Nach langjähriger Optimierung des Al-BSF-Standardprozesses hat seit 2014 in der Solarindustrie ein nachhaltiger Trend zum Upgrade bestehender Produktionslinien mit neuen Technologien begonnen. PERC-Zellstrukturen und n-Typ mono-Si-Materialien etablieren sich. Damit stehen die Projektpartner vor der Aufgabe, den nächsten Schritt in Richtung Fertigungsverfahren für hocheffiziente und kostengünstige Solarzellen vorzubereiten. Im Kosmos-Projekt sollen Kristallisations- und Sägeprozesse für n-Typ mono-Si-Materialien höchster Reinheit und Solarzellen mit Wirkungsgraden über 22 % entwickelt werden, die sich auf konventionelle Weise zu Modulen verschalten lassen. So soll ein technologisch evolutionärer Anschluss an die derzeitigen PERC-/nPERT-Fertigungsprozesse geschaffen werden. Gesamtziel ist dabei eine Senkung der LCOE um 10 % gegenüber Standardsolarzellen.
 

Beschreibung

Das Kosmos-Projekt wird in enger Kooperation von Verbundpartnern entlang der kristallinen Wertschöpfungskette vom Kristall bis zur Solarzelle durchgeführt: PVA TePla, PV Crystalox Solar Silicon, Fraunhofer CSP, RCT Solutions und das ISC Konstanz arbeiten gemeinsam an der Entwicklung neuer Anlagen und Prozesse.

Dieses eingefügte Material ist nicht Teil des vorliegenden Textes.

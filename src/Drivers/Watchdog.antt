-- ===== src/Drivers/Watchdog.antt =====
-- src/watchdog.c.
pub mod Sequence
use qcom_ipq_aux_loader.Base.{ℕ, ◌+◌, ◌*◌, ◌%◌, ◌^◌, u32}
use qcom_ipq_aux_loader.Machine.Run.{M, ◌>>=◌, ◌>>◌, writel, for_ever}
use qcom_ipq_aux_loader.Drivers.Cpu.{Cpu, ipq4xxx, ipq806x}

abbrev pub wdt_base : ℕ
wdt_base = 0xB01_7000

abbrev pub gcnt_pshold : ℕ
gcnt_pshold = 0x004A_B000

abbrev pub msm_tmr_base : ℕ
msm_tmr_base = 0x0200_A000

-- The registers of the watchdog.
pub record Wdt : Type 0 where
  pub rst : ℕ
  pub en : ℕ
  pub bark_time : ℕ
  pub bite_time : ℕ

abbrev pub wdt : Cpu → Wdt
wdt ipq4xxx = record {
  rst = wdt_base + 0x4;
  en = wdt_base + 0x8;
  bark_time = wdt_base + 0x10;
  bite_time = wdt_base + 0x14;
}
wdt ipq806x = record {
  rst = msm_tmr_base + 0x38;
  en = msm_tmr_base + 0x40;
  bark_time = msm_tmr_base + 0x4c;
  bite_time = msm_tmr_base + 0x5c;
}

-- APCS_WDT0_CPU0_WDOG_EXPIRED_ENABLE
abbrev pub wdog_expired_enable : ℕ
wdog_expired_enable = 0x0090_0000 + 0x3820

-- Ticks of the watchdog clock in a second.
abbrev pub ticks : Cpu → ℕ
ticks ipq4xxx = 65536
ticks ipq806x = 32768

-- `period` is the bit pattern of an `int`.
unfoldable pub watchdog_setup : Cpu → ℕ → M (Unit {0})
watchdog_setup ipq4xxx period = do
  writel 0 (wdt ipq4xxx).en
  writel 1 (wdt ipq4xxx).rst
  writel (period * 65536) (wdt ipq4xxx).bark_time
  writel (period * 65536) (wdt ipq4xxx).bite_time
  writel 1 (wdt ipq4xxx).en
watchdog_setup ipq806x period = do
  writel 0 (wdt ipq806x).en
  writel 1 (wdt ipq806x).rst
  writel (period * 32768) (wdt ipq806x).bark_time
  writel (period * 32768) (wdt ipq806x).bite_time
  writel 1 (wdt ipq806x).en
  writel 1 wdog_expired_enable

abbrev pub reset_wdt_bite_time : ℕ
reset_wdt_bite_time = 0x31F3

abbrev pub reset_wdt_bark_time : ℕ
reset_wdt_bark_time = 5 * reset_wdt_bite_time

unfoldable pub reset_cpu : Cpu → M (Unit {0})
reset_cpu ipq4xxx = do writel 0 gcnt_pshold; for_ever
reset_cpu ipq806x = do
  writel 0 (wdt ipq806x).en
  writel 1 (wdt ipq806x).rst
  writel reset_wdt_bark_time (wdt ipq806x).bark_time
  writel reset_wdt_bite_time (wdt ipq806x).bite_time
  writel 1 (wdt ipq806x).en
  writel 1 wdog_expired_enable
  for_ever

-- WDT_RESETUP_PERIOD
abbrev pub wdt_resetup_period : ℕ
wdt_resetup_period = 10

unfoldable pub watchdog_resetup : Cpu → M (Unit {0})
unfolding watchdog_setup
watchdog_resetup cpu = watchdog_setup cpu wdt_resetup_period
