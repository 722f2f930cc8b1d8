-- ===== src/Worker/Examples.antt =====
-- The worker's theorems at a leased `forward_backward`.
use hatchery_core.Common.{ℕ, ◌+◌, true, List, [], ◌∷◌, Option, none}
use hatchery_core.Common.Errors.{Result, ok, raise}
use hatchery_core.Protocols.{QueuedJob}
use hatchery_core.Queue.State.{JobQueue, init, enqueue}
use hatchery_core.Queue.Dequeue.{Readings, select}
use hatchery_core.Queue.Samples.{job, first_job, in_flight}
use hatchery_core.Worker.Jobs.{Outcome, Runtime, WorkerState, process_one}

-- A model that counts the calls of its handlers.
abbrev env : Runtime ℕ (List ℕ)
env = record {
  unpackb = λ bytes. ok bytes;
  empty_dict = [];
  decode = λ bytes. ok "";
  is_dict = λ p. true;
  verifiers = [];
  handle = λ operation session_id payload s.
      (record s { model = s.model + 1 }, Outcome.returned (7 ∷ [], []));
  describe = λ e. "";
  str = λ n. "";
}

abbrev worker : WorkerState ℕ
worker = record {
  worker_id = "w";
  stores = record {
    metadata = record { sessions = []; jobs = []; checkpoints = [] };
    objects = record { blobs = []; metadata = [] };
    model = 0;
  };
  queue = in_flight;
  cadence = record { window_size = 20; history = [] };
  registry = none;
}

-- A job of another session arrives while the handler runs.
abbrev third_job : QueuedJob
third_job = job "j3" "s2" 0

abbrev arrival : JobQueue → JobQueue
arrival q = enqueue 0 third_job q

abbrev answered_queue : JobQueue
answered_queue = (process_one env 9000 40 50 arrival (λ q. q) first_job worker).queue

abbrev at_the_last : Readings
at_the_last = record { pin = 608999; affinity = 608999; lease = 608999 }

abbrev state_of : Result (JobQueue × Option QueuedJob) → JobQueue
state_of (ok (q, best)) = q
state_of (raise e) = init

abbrev handed_out : JobQueue
handed_out = state_of (select "v" ("m" ∷ []) at_the_last 300 answered_queue)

Das prädestinierte Material für hocheffiziente Solarzellen ist Float-Zone-Silizium – dank einer um zwei Größenordnungen geringeren Sauerstoffkonzentration, einer herausragend niedrigen Konzentration von Restverunreinigungen und einer sehr homogenen Widerstandsverteilung. In Kombination mit einem n-Typ-Rückseitenemitter-Zellkonzept ergeben sich Wirkungsgradpotenziale über 22 % – bei Verwendung von Fertigungsschritten ähnlich derer heutiger PERC-Produktionslinien und einem konventionellen Modulbau.

Herausforderungen sind die Kristallisation von Stäben mit 200 mm Durchmesser, die kostengünstige Bereitstellung von FZ-tauglichen Vorratsstäben, das Sägen der Kristalle mit minimalen Schnittverlusten und höchsten Ausbeuten sowie ein schlanker Zellprozess, der es ermöglicht, die Materialvorteile über eine deutliche Wirkungsgradzunahme wirtschaftlich auszuschöpfen.